Agustín volvió a Zaragoza con Paca, que no se había extrañado mucho de su tardanza. Le chocó a Agustín que fuera así, había supuesto que su desaparición inquietaría a todos. Pero tanto Petra como Paca juzgaron normal la fenomenal pítima. Mientras su cónyuge liaba unos pocos bártulos para acompañar a Agustín, Rafael con referencia a Lope contó la historia de su hermano mayor, que trabajaba desde que el sol levantaba hasta mucho después de su ocaso.
—Tenía la idea de asegurarse una vejez tranquila. Esa idea le perseguía, no sé por qué; cada uno es como es. Y de raza no le podía venir porque no conocimos a nuestros padres, que nos dejaron en Almendralejo bajo palabra de que pagarían religiosamente a las buenas personas que nos iban a cuidar. Si te he visto no me acuerdo. Trabajó Manuel como una mula, dice que para no trabajar cuando se cansara. ¡Hay que ver cómo me trataba porque a mí me tiraban los toros!
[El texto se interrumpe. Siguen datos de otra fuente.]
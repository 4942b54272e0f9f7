-- ===== src/Filter/Key.antt =====
-- `MakeFilterMetricKey` of internal/app/domain/model/filter.go and the truncations of a time that it
-- calls. An operation that panics, as a remainder by 0 does, gives none.
pub mod Laws
pub mod Tests
use easymail.Base.{
  ℕ, zero, suc, ◌+◌, ◌*◌, ◌/◌, ◌%◌, Bool, Option, none, some, List, [], ◌∷◌, ◌++◌, Bytes, codes,
  ◌==◌, if◌then◌else◌,
}
use mathlib.Core.Option
use easymail.Base.Int.{ℤ, pos, negsuc}
use easymail.Clock.{
  minute_ns, hour_ns, Date, date_of, add_ℤ, iso_week, padded, truncate, minute_of, hour_of, day_of,
  add_date, format_year, format_month, format_day, format_hour, format_minute,
}
use easymail.Filter.{MetricUnit, minute, hour, day, week, month, year, other}
use easymail.Filter.Metric.{FilterMetric}
use easymail.Filter.Timeout.{mul_int64}

-- `a % b` of an int that is not negative; none for the panic.
unfoldable pub remainder : ℕ → ℤ → Option ℕ
remainder a (pos zero) = none
remainder a (pos (suc b)) = some (a % suc b)
remainder a (negsuc b) = some (a % suc b)

-- The negative of a natural number.
abbrev pub minus : ℕ → ℤ
minus zero = pos 0
minus (suc n) = negsuc n

-- A product of two ints that may both be negative, of which `k` is a small constant.
abbrev scaled : ℤ → ℕ → ℤ
scaled z k = mul_int64 z k

-- `t.Add(-remainder * unit).Add(step)`, unless the remainder is 0, and `Truncate(step)`.
unfoldable pub rounded_by : ℕ → ℤ → ℕ → ℕ → ℕ
unfolding truncate
rounded_by unit step r t =
    truncate (if r == 0 then t else add_ℤ (add_ℤ t (minus (r * unit))) step) step

-- `fmt.Sprintf("%s:%s", m.Name, text)`, or nothing for a number that names no unit.
abbrev pub named : MetricUnit → Bytes → Bytes → Bytes
named (other u) name text = []
named minute name text = name ++ (b':' ∷ text)
named hour name text = name ++ (b':' ∷ text)
named day name text = name ++ (b':' ∷ text)
named week name text = name ++ (b':' ∷ text)
named month name text = name ++ (b':' ∷ text)
named year name text = name ++ (b':' ∷ text)

module _ (wall absolute : ℕ → ℕ) where
  -- The time that each truncation formats, behind the test of the remainder `r`.
  unfoldable pub round_minute : ℕ → ℤ → ℕ → ℕ
  unfolding rounded_by mul_int64
  round_minute t threshold r = rounded_by minute_ns (scaled threshold minute_ns) r t

  unfoldable pub round_hour : ℕ → ℤ → ℕ → ℕ
  unfolding rounded_by mul_int64
  round_hour t threshold r = rounded_by hour_ns (scaled threshold hour_ns) r t

  unfoldable pub round_day : ℕ → ℤ → ℕ → ℕ
  unfolding truncate mul_int64 add_date
  round_day t threshold r =
      truncate
        (if r == 0
          then t
          else add_date wall absolute (add_date wall absolute t (pos 0) (pos 0) (minus r)) (pos 0)
              (pos 0) threshold)
        (scaled (scaled threshold hour_ns) 24)

  unfoldable pub round_week : ℕ → ℤ → ℕ → ℕ
  unfolding truncate mul_int64 add_date
  round_week t threshold r =
      truncate
        (if r == 0
          then t
          else add_date wall absolute (add_date wall absolute t (pos 0) (pos 0) (minus (r * 7)))
              (pos 0) (pos 0) (scaled threshold 7))
        (scaled (scaled (scaled threshold hour_ns) 24) 7)

  unfoldable pub round_month : ℕ → ℤ → ℕ → ℕ
  unfolding truncate mul_int64 add_date
  round_month t threshold r =
      truncate
        (if r == 0
          then t
          else add_date wall absolute (add_date wall absolute t (pos 0) (minus r) (pos 0)) (pos 0)
              threshold (pos 0))
        (scaled (scaled threshold hour_ns) 24)

  unfoldable pub round_year : ℕ → ℤ → ℕ → ℕ
  unfolding truncate mul_int64 add_date
  round_year t threshold r =
      truncate
        (if r == 0
          then t
          else add_date wall absolute (add_date wall absolute t (minus r) (pos 0) (pos 0)) threshold
              (pos 0) (pos 0))
        (scaled (scaled threshold hour_ns) 24)

  -- `truncateTimeByMinute(t, threshold)`, and the others.
  unfoldable pub truncate_time_by_minute : ℕ → ℤ → Option Bytes
  unfolding remainder round_minute minute_of format_minute
  truncate_time_by_minute t threshold =
      Option.map (λ r. format_minute wall (round_minute t threshold r))
        (remainder (minute_of wall t) threshold)

  unfoldable pub truncate_time_by_hour : ℕ → ℤ → Option Bytes
  unfolding remainder round_hour hour_of format_hour
  truncate_time_by_hour t threshold =
      Option.map (λ r. format_hour wall (round_hour t threshold r))
        (remainder (hour_of wall t) threshold)

  unfoldable pub truncate_time_by_day : ℕ → ℤ → Option Bytes
  unfolding remainder round_day day_of date_of format_day
  truncate_time_by_day t threshold =
      Option.map (λ r. format_day wall (round_day t threshold r))
        (remainder (date_of (day_of wall t)).day threshold)

  unfoldable pub truncate_time_by_week : ℕ → ℤ → Option Bytes
  unfolding remainder round_week day_of iso_week padded
  truncate_time_by_week t threshold =
      Option.map
        (λ r.
          let (y, w) = iso_week (day_of wall (round_week t threshold r)) in
          padded 1 y ++ padded 2 w)
        (remainder ((iso_week (day_of wall t)).1) threshold)

  unfoldable pub truncate_time_by_month : ℕ → ℤ → Option Bytes
  unfolding remainder round_month day_of date_of format_month
  truncate_time_by_month t threshold =
      Option.map (λ r. format_month wall (round_month t threshold r))
        (remainder (date_of (day_of wall t)).month threshold)

  -- The remainder is that of the month.
  unfoldable pub truncate_time_by_year : ℕ → ℤ → Option Bytes
  unfolding remainder round_year day_of date_of format_year
  truncate_time_by_year t threshold =
      Option.map (λ r. format_year wall (round_year t threshold r))
        (remainder (date_of (day_of wall t)).month threshold)

  -- The text of a time for a unit and an interval; no text for a number that names no unit.
  unfoldable pub window_text : MetricUnit → ℕ → ℤ → Option Bytes
  unfolding truncate_time_by_minute truncate_time_by_hour truncate_time_by_day truncate_time_by_week
      truncate_time_by_month truncate_time_by_year
  window_text minute t i = truncate_time_by_minute t i
  window_text hour t i = truncate_time_by_hour t i
  window_text day t i = truncate_time_by_day t i
  window_text week t i = truncate_time_by_week t i
  window_text month t i = truncate_time_by_month t i
  window_text year t i = truncate_time_by_year t i
  window_text (other u) t i = some []

  -- `MakeFilterMetricKey()` at a time.
  unfoldable pub make_filter_metric_key : ℕ → FilterMetric → Option Bytes
  unfolding window_text
  make_filter_metric_key t m = Option.map (named m.unit m.name) (window_text m.unit t m.interval)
No carecía de razón: yo, como torero nunca he sío na. Pero se murió a los cuarenta años, en la flor de la vida, trabajando como un animal. Me tocaron ¡a mí, al vago!, unos miles de duros, pocos. Duraron lo que un sueño, no me fuera a acostumbrar a tener dinero y me pusiera a trabajar con tal de tenerlo…
Iba pensando Agustín mandar a la Paca de vuelta con el chiquillo a casa de sus padres, y que ella se encargara de contar lo que fuera; no quería, de ningún modo, enfrentarse con ellos. Así lo hizo. La gran discusión, en el tren, fue acerca de la mejor mentira. Paca era opinión de decirle a doña Camila que Remedios había muerto. Agustín no se atrevía; en el fondo le parecía de mal agüero.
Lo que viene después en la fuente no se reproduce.